# Collector's Corner



## Mirror Image (Apr 20, 2009)

We all love classical music. That's a very obvious statement, but how many of us are collectors and enjoy this aspect of the music?

This thread is for all of you who are, like me, not only interested in the music, but the collecting of the music as well.


----------



## jhar26 (Jul 6, 2008)

Well, I'm buying far more than I can keep up with listening if that's what you mean. I constantly tell myself to slow it down but I guess it's stronger than myself.


----------



## Mirror Image (Apr 20, 2009)

jhar26 said:


> Well, I'm buying far more than I can keep up with listening if that's what you mean. I constantly tell myself to slow it down but I guess it's stronger than myself.


I guess what I'm referring to is people who enjoy collecting with the notion of knowing they'll never hear it all.


----------



## jhar26 (Jul 6, 2008)

Mirror Image said:


> I guess what I'm referring to is people who enjoy collecting with the notion of knowing they'll never hear it all.


Well, I have the ambition of hearing it all, but whether I'll ever make it is another matter.


----------



## Mirror Image (Apr 20, 2009)

jhar26 said:


> Well, I have the ambition of hearing it all, but whether I'll ever make it is another matter.


 I think we're all in that boat together.

Getting back on topic, do you own any rare recordings?


----------



## jhar26 (Jul 6, 2008)

Mirror Image said:


> I think we're all in that boat together.
> 
> Getting back on topic, do you own any rare recordings?


I don't know mate. There are probably some that are out of print by now, but collectors items, I don't know.


----------



## Guest (Aug 11, 2009)

Mirror Image said:


> I guess what I'm referring to is people who enjoy collecting with the notion of knowing they'll never hear it all.

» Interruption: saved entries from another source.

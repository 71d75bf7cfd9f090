-- ===== src/Inventory/Tree/Loading/Bounded.antt =====
-- Loading ends: no document is loaded twice, so fuel for the files that can be read is enough.
use color_ssh.Base.{
  ℕ, zero, suc, ◌≤◌, ◌<◌, Text, Result, ok, err, true, false, List, [], ◌∷◌, length, ◌≡◌, ◌≢◌, inl,
  inr, arith, Bool-cases, Result-cases,
}
use color_ssh.Inventory.Model.{ParsedInventoryDocument}
use color_ssh.Inventory.Patterns.{Paths}
use color_ssh.Inventory.Normalize.{InventoryError}
use color_ssh.Inventory.Tree.Folders.{Folder, new}
use color_ssh.Inventory.Tree.Loading.{
  LoadError, invalid, out_of_fuel, Loaded, is_visited, load_parsed, load_document_recursive,
  build_inventory_tree, finished, or_default,
}
use color_ssh.Inventory.Tree.Loading.Steps.{left, left-cons-lt, IsFine, Fine, parsed-Fine}

module _ (files : List Text) (paths : Paths)
    (parse_inventory_document : Text → Result InventoryError ParsedInventoryDocument)
    (readable : (path : Text) (document : ParsedInventoryDocument)
      → parse_inventory_document path ≡ ok document
      → is_visited path files ≡ true) where
  IsFine-le :
      (k m : ℕ) (r : Result LoadError (Folder × Loaded))
      → k ≤ m
      → IsFine files k r
      → IsFine files m r
  unfolding IsFine
  IsFine-le k m (ok (f, s)) le h = ground (arith, le, h)
  IsFine-le k m (err (invalid e)) le h = tt
  IsFine-le k m (err out_of_fuel) le h = h

  unvisited-IsFine :
      (n m : ℕ) (path : Text) (folder_path : List Text)
      → m < suc n
      → ((k : ℕ) (path : Text) (folder_path : List Text)
          → k < n
          → Fine files k
              (load_document_recursive paths parse_inventory_document n path folder_path))
      → (f : Folder) (s : Loaded) → left s.visited files ≤ m
      → is_visited path s.visited ≡ false
      → IsFine files m (
          load_parsed paths parse_inventory_document
            (load_document_recursive paths parse_inventory_document n)
            path
            folder_path
            (parse_inventory_document path)
            f
            (record s { visited = path ∷ s.visited }))
  unfolding IsFine
  unvisited-IsFine n m path folder_path lt ih f s h new_file =
      elim (Result-cases (parse_inventory_document path)) [
        | inr (e, r) ↦ rw (r, IsFine) tt
        | inl (document, r) ↦
            let fewer = left-cons-lt path s.visited files (readable path document r) new_file in
            let k = left (path ∷ s.visited) files in
            IsFine-le k m _ (ground (arith, fewer, h)) (
              (parsed-Fine files paths parse_inventory_document k
                  (load_document_recursive paths parse_inventory_document n)
                  (λ p q. ih k p q (ground (arith, fewer, h, lt))) path folder_path
                  (parse_inventory_document path)).fine
                f (record s { visited = path ∷ s.visited }) (omega arith))
      ]

  load-Fine :
      (n m : ℕ) (path : Text) (folder_path : List Text)
      → m < n
      → Fine files m (load_document_recursive paths parse_inventory_document n path folder_path)
  unfolding load_document_recursive IsFine
  load-Fine zero m path folder_path lt = absurd (omega arith)
  load-Fine (suc n) m path folder_path lt = record {
    fine = λ f s h. elim (Bool-cases (is_visited (paths.canonicalize path) s.visited)) [
      | inl e ↦ rw (e, IsFine, load_document_recursive) h
      | inr e ↦
          rw (e, load_document_recursive)
            (unvisited-IsFine n m (paths.canonicalize path) folder_path lt
              (λ k p q l. load-Fine n k p q l) f s h e)
    ];
  }

  left-nil : (fs : List Text) → left [] fs ≤ length fs
  unfolding left
  left-nil [] = omega arith
  left-nil (file ∷ fs) = let le = left-nil fs in ground (arith, le)

  finished-ends :
      (m : ℕ) (r : Result LoadError (Folder × Loaded))
      → IsFine files m r
      → finished paths parse_inventory_document r ≢ err out_of_fuel
  unfolding IsFine
  finished-ends m (ok (f, s)) h e = cc
  finished-ends m (err (invalid problem)) h e = cc
  finished-ends m (err out_of_fuel) h e = h

  -- Loading ends: where every document that can be read is one of some files, fuel for one more
  -- than those gives the tree or an error of the inventory, whatever the includes are and
  -- however they go round.
  pub build_inventory_tree-ends :
      (path : Text)
      → build_inventory_tree paths parse_inventory_document (suc (length files)) path
        ≢ err out_of_fuel
  unfolding build_inventory_tree
  build_inventory_tree-ends path = finished-ends (length files) _ (
      (load-Fine (suc (length files)) (length files) path [] (omega arith)).fine
        (new (or_default paths parse_inventory_document (paths.file_name path)) path)
        (record { hosts = []; seen_host_names = []; visited = [] }) (left-nil files))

To be quite honest I just don't see the point, its like collecting paintings and not looking at them, still if that turns you on go for it


----------



## jhar26 (Jul 6, 2008)

Andante said:


> To be quite honest I just don't see the point, its like collecting paintings and not looking at them, still if that turns you on go for it


Well, the thing is that I'm in sort of a panic by everyone downloading and not buying cd's anymore. I'm trying to get my hands on as many cd's as I can before they are no longer available.


----------



## Mirror Image (Apr 20, 2009)

Andante said:


> To be quite honest I just don't see the point, its like collecting paintings and not looking at them, still if that turns you on go for it


What I'm saying here, Andante is that there's no way you're going to hear everything. It's humanily impossible. None of us have superhuman attention spans nor do we have superhuman lifespans.

I love collecting CDs, especially classical and jazz, but you must also realize I want to hear them, that's why we buy them in the first place, BUT if one those CDs you buy just happens to be a collector's item, then I'm even happier.

Different strokes for different folks.


----------



## Mirror Image (Apr 20, 2009)

jhar26 said:


> Well, the thing is that I'm in sort of a panic by everyone downloading and not buying cd's anymore. I'm trying to get my hands on as many cd's as I can before they are no longer available.


I honestly don't see the CD going anywhere for awhile. Perhaps it might? I don't really know, but there's still plenty of people buying them even as we speak.


----------



## Sid James (Feb 7, 2009)

I'd rather have a few cd's of music by the same composer which I listen to regularly rather than bucketloads full that I'd rarely get to hear. I suppose I'm a minimalist in that way. I like to know the cd's I have intimately, if you know what I mean.

But I agree with Jhar's comments/concerns regarding the availability of cd's in the long term. I heard that big chain stores are phasing out selling/stocking singles cd's (in pop music, obviously) here in Oz. Will the normal cd go the same way some day? Will the cd become a jurassic technology with all this downloading going on? As a person who is not really into computers, this worries me a bit...


----------



## Mirror Image (Apr 20, 2009)

Andre said:


> I'd rather have a few cd's of music by the same composer which I listen to regularly rather than bucketloads full that I'd rarely get to hear. I suppose I'm a minimalist in that way. I like to know the cd's I have intimately, if you know what I mean.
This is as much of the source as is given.